▶ **Action item**: The entries are to be output once more, word for word.

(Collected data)
══════════

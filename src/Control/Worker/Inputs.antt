-- ===== src/Control/Worker/Inputs.antt =====
-- engine/control/worker.ts, claim, payload, input, putArtifact and candidate: what a stage reads and
-- stores.
--
-- `claim_step` is a function of the database, a parameter. The object key of an artifact and its size
-- are left out.
pub mod Read
use forge_ai.Prelude.{
  ℕ, Bool, true, false, ◌||◌, not, Option, none, some, List, [], ◌∷◌, ◌++◌, length, ◌==◌, ◌!=◌,
  same_option, find, update, Result, err, parse, invalid, binding_failed,
}
use forge_ai.Contracts.Primitives.{Scope, utf8_bytes}
use forge_ai.Contracts.Review.{Verification, verification_schema}
use forge_ai.Contracts.Source.{Plan, Manifest, File, SourceOrigin, plan_schema, manifest_schema}
use forge_ai.Jobs.{JobState}
use forge_ai.Control.Tables.{
  JobRow, StepRow, SnapshotRow, ArtifactRow, Payload, plan_payload, manifest_payload,
  verification_payload, blob_payload, Blob, step_started,
}
use forge_ai.Control.Tx.{
  Environment, Tx, ◌>>=◌, ◌>>◌, return, reject_if, one, one_or, lift, write, random_uuid,
}
use forge_ai.Control.State.{job_is, scope_of, append_event, flush_event_sequence}

-- `StageInput`
pub record StageInput : Type 0 where
  pub scope : Scope
  pub step_id : ℕ
  pub lease_epoch : ℕ
  pub operation_id : ℕ
  pub input_digest : ℕ
  pub stage : JobState
  pub instruction : List ℕ
  pub max_cost_micros : ℕ
  pub base_snapshot_id : Option ℕ
  pub plan : Option Plan
  pub manifest : Option Manifest
  pub verification : Option Verification

abbrev pub snapshot_is : ℕ → SnapshotRow → Bool
snapshot_is id x = x.id == id

abbrev pub artifact_is : ℕ → ArtifactRow → Bool
artifact_is id x = x.id == id

-- `payload`
unfoldable pub payload : ℕ → Tx Payload
payload id = do a ← one (λ w. find (artifact_is id) w.artifacts); return a.payload

-- The fixture adapters' source, bound to the job.
abbrev is_fixture : SourceOrigin → Bool
is_fixture SourceOrigin.fixture = true
is_fixture _ = false

abbrev pub misbound : Manifest → JobRow → Bool
misbound m j =
    m.template_digest != j.template_digest
    || m.command_policy_digest != j.policy_digest
    || not (is_fixture m.provenance.origin)
    || m.provenance.job_id != j.id
    || not (same_option m.base_snapshot_id j.base_snapshot_id)

abbrev blob_is : ℕ → Blob → Bool
blob_is id b = b.blob_id == id

module _ (env : Environment) where
  -- `claim`; `claim_step` is the database's.
  unfoldable pub claim : (ℕ → Tx (Option StepRow)) → ℕ → Tx (Option StepRow)
  unfolding append_event flush_event_sequence
  claim claim_step worker = claim_step worker >>= λ o. elim o [
    | none ↦ return none
    | some s ↦ do
      j ← one (λ w. find (job_is s.job_id) w.jobs)
      k ← append_event env j (step_started s.id s.stage s.attempt s.lease_epoch)
      flush_event_sequence env k
      return (some s)
  ]

  abbrev pub parse_plan : Payload → Result Plan
  parse_plan (plan_payload p) = parse (plan_schema env.source) p
  parse_plan _ = err invalid

  abbrev pub parse_manifest : Payload → Result Manifest
  parse_manifest (manifest_payload m) = parse (manifest_schema env.source) m
  parse_manifest _ = err invalid

  abbrev pub parse_verification : Payload → Result Verification
  parse_verification (verification_payload v) = parse verification_schema v
  parse_verification _ = err invalid

  -- The plan of a job, where it has one.
  unfoldable pub plan_of : Option ℕ → Tx (Option Plan)
  unfolding payload
  plan_of none = return none
  plan_of (some id) = do p ← payload id; plan ← lift (parse_plan p); return (some plan)

  unfoldable pub verification_of : Option ℕ → Tx (Option Verification)
  unfolding payload
  verification_of none = return none
  verification_of (some id) = do p ← payload id; v ← lift (parse_verification p); return (some v)

  -- The manifest of the candidate and its verification, where there is one.
  unfoldable pub candidate_of : Option ℕ → Tx (Option Manifest × Option Verification)
  unfolding payload verification_of
  candidate_of none = return (none, none)
  candidate_of (some id) = do
    snap ← one (λ w. find (snapshot_is id) w.snapshots)
    p ← payload snap.manifest_artifact_id
    m ← lift (parse_manifest p)
    v ← verification_of snap.verification_artifact_id
    return (some m, v)

  -- `input`
  unfoldable pub input_of : JobRow → StepRow → Tx StageInput
  unfolding plan_of candidate_of
  input_of j s = do
    p ← plan_of j.plan_artifact_id
    c ← candidate_of j.candidate_snapshot_id
    return (record {
      scope = scope_of j;
      step_id = s.id;
      lease_epoch = s.lease_epoch;
      operation_id = env.operation_id j.id s.id s.attempt;
      input_digest = s.input_digest;
      stage = j.state;
      instruction = j.instruction;
      max_cost_micros = j.cost_limit_micros;
      base_snapshot_id = j.base_snapshot_id;
      plan = p;
      manifest = c.0;
      verification = c.1;
    })

  -- `canonicalHash(payload)`
  abbrev pub payload_hash : Payload → ℕ
  payload_hash (plan_payload p) = env.source.plan_hash p
  payload_hash (manifest_payload m) = env.source.manifest_hash m
  payload_hash (verification_payload v) = env.verification_hash v
  payload_hash (blob_payload t) = env.source.text_hash t

  -- The two rows of `putArtifact`.
  unfoldable pub put_artifact : JobRow → Payload → ℕ → Tx ℕ
  put_artifact j p id = do
    write (λ w. record w {
      artifacts =
          w.artifacts
          ++ record { id = id; job_id = j.id; sha256 = payload_hash p; payload = p } ∷ [];
    })
    return id

  -- `putArtifact` under an identifier of its own.
  unfoldable pub new_artifact : JobRow → Payload → Tx ℕ
  unfolding put_artifact
  new_artifact j p = do id ← random_uuid env; put_artifact j p id

  -- Each file has its blob, with the content that the manifest names.
  unfoldable pub put_blobs : JobRow → List Blob → List File → Tx (Unit {0})
  unfolding put_artifact utf8_bytes
  put_blobs j blobs [] = return tt
  put_blobs j blobs (f ∷ fs) = do
    b ← one_or binding_failed (λ w. find (blob_is f.blob_id) blobs)
    reject_if (env.source.text_hash b.content != f.sha256 || utf8_bytes b.content != f.bytes)
        binding_failed
    put_artifact j (blob_payload b.content) b.blob_id
    put_blobs j blobs fs

  -- The row of the snapshot, and the job's candidate.
  unfoldable pub put_snapshot : JobRow → Manifest → ℕ → ℕ → Tx JobRow
  put_snapshot j m artifact id = do
    write (λ w. record w {
      snapshots =
          w.snapshots
          ++ record {
            id = id;
            project_id = j.project_id;
            job_id = j.id;
            manifest_digest = env.source.manifest_hash m;
            is_verified = false;
            manifest_artifact_id = artifact;
            verification_artifact_id = none;
            verification = none;
          }
            ∷ [];
      jobs =
          update (job_is j.id) (λ (r : JobRow). record r { candidate_snapshot_id = some id })
            w.jobs;
    })
    return (record j { candidate_snapshot_id = some id })

  -- `candidate`: the artifact, and the job with its candidate.
  unfoldable pub candidate : JobRow → Manifest → List Blob → Tx (ℕ × JobRow)
  unfolding manifest_schema put_blobs new_artifact put_snapshot
  candidate j m blobs = do
    reject_if (not (manifest_schema env.source m)) invalid
    reject_if (misbound m j) binding_failed
    reject_if (length blobs != length m.files) binding_failed
    put_blobs j blobs m.files
    artifact ← new_artifact j (manifest_payload m)
    id ← random_uuid env
    k ← put_snapshot j m artifact id
    return (artifact, k)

══════════

▶ **Written response**:
filename src/Control/Worker/Inputs.antt
-- ===== src/Control/Worker/Inputs.antt =====
-- engine/control/worker.ts, claim, payload, input, putArtifact and candidate: what a stage reads and
-- stores.
--
-- `claim_step` is a function of the database, a parameter. The object key of an artifact and its size
-- are left out.
pub mod Read
use forge_ai.Prelude.{
  ℕ, Bool, true, false, ◌||◌, not, Option, none, some, List, [], ◌∷◌, ◌++◌, length, ◌==◌, ◌!=◌,
  same_option, find, update, Result, err, parse, invalid, binding_failed,
}
use forge_ai.Contracts.Primitives.{Scope, utf8_bytes}
use forge_ai.Contracts.Review.{Verification, verification_schema}
use forge_ai.Contracts.Source.{Plan, Manifest, File, SourceOrigin, plan_schema, manifest_schema}
use forge_ai.Jobs.{JobState}
use forge_ai.Control.Tables.{
  JobRow, StepRow, SnapshotRow, ArtifactRow, Payload, plan_payload, manifest_payload,
  verification_payload, blob_payload, Blob, step_started,
}
use forge_ai.Control.Tx.{
  Environment, Tx, ◌>>=◌, ◌>>◌, return, reject_if, one, one_or, lift, write, random_uuid,
}
use forge_ai.Control.State.{job_is, scope_of, append_event, flush_event_sequence}

-- `StageInput`
pub record StageInput : Type 0 where
  pub scope : Scope
  pub step_id : ℕ
  pub lease_epoch : ℕ
  pub operation_id : ℕ
  pub input_digest : ℕ
  pub stage : JobState
  pub instruction : List ℕ
  pub max_cost_micros : ℕ
  pub base_snapshot_id : Option ℕ
  pub plan : Option Plan
  pub manifest : Option Manifest
  pub verification : Option Verification

abbrev pub snapshot_is : ℕ → SnapshotRow → Bool
snapshot_is id x = x.id == id

abbrev pub artifact_is : ℕ → ArtifactRow → Bool
artifact_is id x = x.id == id

-- `payload`
unfoldable pub payload : ℕ → Tx Payload
payload id = do a ← one (λ w. find (artifact_is id) w.artifacts); return a.payload

-- The fixture adapters' source, bound to the job.
abbrev is_fixture : SourceOrigin → Bool
is_fixture SourceOrigin.fixture = true
is_fixture _ = false

abbrev pub misbound : Manifest → JobRow → Bool
misbound m j =
    m.template_digest != j.template_digest
    || m.command_policy_digest != j.policy_digest
    || not (is_fixture m.provenance.origin)
    || m.provenance.job_id != j.id
    || not (same_option m.base_snapshot_id j.base_snapshot_id)

abbrev blob_is : ℕ → Blob → Bool
blob_is id b = b.blob_id == id

module _ (env : Environment) where
  -- `claim`; `claim_step` is the database's.
  unfoldable pub claim : (ℕ → Tx (Option StepRow)) → ℕ → Tx (Option StepRow)
  unfolding append_event flush_event_sequence
  claim claim_step worker = claim_step worker >>= λ o. elim o [
    | none ↦ return none
    | some s ↦ do
      j ← one (λ w. find (job_is s.job_id) w.jobs)
      k ← append_event env j (step_started s.id s.stage s.attempt s.lease_epoch)
      flush_event_sequence env k
      return (some s)
  ]

  abbrev pub parse_plan : Payload → Result Plan
  parse_plan (plan_payload p) = parse (plan_schema env.source) p
  parse_plan _ = err invalid

  abbrev pub parse_manifest : Payload → Result Manifest
  parse_manifest (manifest_payload m) = parse (manifest_schema env.source) m
  parse_manifest _ = err invalid

  abbrev pub parse_verification : Payload → Result Verification
  parse_verification (verification_payload v) = parse verification_schema v
  parse_verification _ = err invalid

  -- The plan of a job, where it has one.
  unfoldable pub plan_of : Option ℕ → Tx (Option Plan)
  unfolding payload
  plan_of none = return none
  plan_of (some id) = do p ← payload id; plan ← lift (parse_plan p); return (some plan)

  unfoldable pub verification_of : Option ℕ → Tx (Option Verification)
  unfolding payload
  verification_of none = return none
  verification_of (some id) = do p ← payload id; v ← lift (parse_verification p); return (some v)

  -- The manifest of the candidate and its verification, where there is one.
  unfoldable pub candidate_of : Option ℕ → Tx (Option Manifest × Option Verification)
  unfolding payload verification_of
  candidate_of none = return (none, none)
  candidate_of (some id) = do
    snap ← one (λ w. find (snapshot_is id) w.snapshots)
    p ← payload snap.manifest_artifact_id
    m ← lift (parse_manifest p)
    v ← verification_of snap.verification_artifact_id
    return (some m, v)

  -- `input`
  unfoldable pub input_of : JobRow → StepRow → Tx StageInput
  unfolding plan_of candidate_of
  input_of j s = do
    p ← plan_of j.plan_artifact_id
    c ← candidate_of j.candidate_snapshot_id
    return (record {
      scope = scope_of j;
      step_id = s.id;
      lease_epoch = s.lease_epoch;
      operation_id = env.operation_id j.id s.id s.attempt;
      input_digest = s.input_digest;
      stage = j.state;
      instruction = j.instruction;
      max_cost_micros = j.cost_limit_micros;
      base_snapshot_id = j.base_snapshot_id;
      plan = p;
      manifest = c.0;
      verification = c.1;
    })

  -- `canonicalHash(payload)`
  abbrev pub payload_hash : Payload → ℕ
  payload_hash (plan_payload p) = env.source.plan_hash p
  payload_hash (manifest_payload m) = env.source.manifest_hash m
  payload_hash (verification_payload v) = env.verification_hash v
  payload_hash (blob_payload t) = env.source.text_hash t

  -- The two rows of `putArtifact`.
  unfoldable pub put_artifact : JobRow → Payload → ℕ → Tx ℕ
  put_artifact j p id = do
    write (λ w. record w {
      artifacts =
          w.artifacts
          ++ record { id = id; job_id = j.id; sha256 = payload_hash p; payload = p } ∷ [];
    })
    return id

  -- `putArtifact` under an identifier of its own.
  unfoldable pub new_artifact : JobRow → Payload → Tx ℕ
  unfolding put_artifact
  new_artifact j p = do id ← random_uuid env; put_artifact j p id

  -- Each file has its blob, with the content that the manifest names.
  unfoldable pub put_blobs : JobRow → List Blob → List File → Tx (Unit {0})
  unfolding put_artifact utf8_bytes
  put_blobs j blobs [] = return tt
  put_blobs j blobs (f ∷ fs) = do
    b ← one_or binding_failed (λ w. find (blob_is f.blob_id) blobs)
    reject_if (env.source.text_hash b.content != f.sha256 || utf8_bytes b.content != f.bytes)
        binding_failed
    put_artifact j (blob_payload b.content) b.blob_id
    put_blobs j blobs fs

  -- The row of the snapshot, and the job's candidate.
  unfoldable pub put_snapshot : JobRow → Manifest → ℕ → ℕ → Tx JobRow
  put_snapshot j m artifact id = do
    write (λ w. record w {
      snapshots =
          w.snapshots
          ++ record {
            id = id;
            project_id = j.project_id;
            job_id = j.id;
            manifest_digest = env.source.manifest_hash m;
            is_verified = false;
            manifest_artifact_id = artifact;
            verification_artifact_id = none;
            verification = none;
          }
            ∷ [];
      jobs =
          update (job_is j.id) (λ (r : JobRow). record r { candidate_snapshot_id = some id })
            w.jobs;
    })
    return (record j { candidate_snapshot_id = some id })

  -- `candidate`: the artifact, and the job with its candidate.
  unfoldable pub candidate : JobRow → Manifest → List Blob → Tx (ℕ × JobRow)
  unfolding manifest_schema put_blobs new_artifact put_snapshot
  candidate j m blobs = do
    reject_if (not (manifest_schema env.source m)) invalid
    reject_if (misbound m j) binding_failed
    reject_if (length blobs != length m.files) binding_failed
    put_blobs j blobs m.files
    artifact ← new_artifact j (manifest_payload m)
    id ← random_uuid env
    k ← put_snapshot j m artifact id
    return (artifact, k)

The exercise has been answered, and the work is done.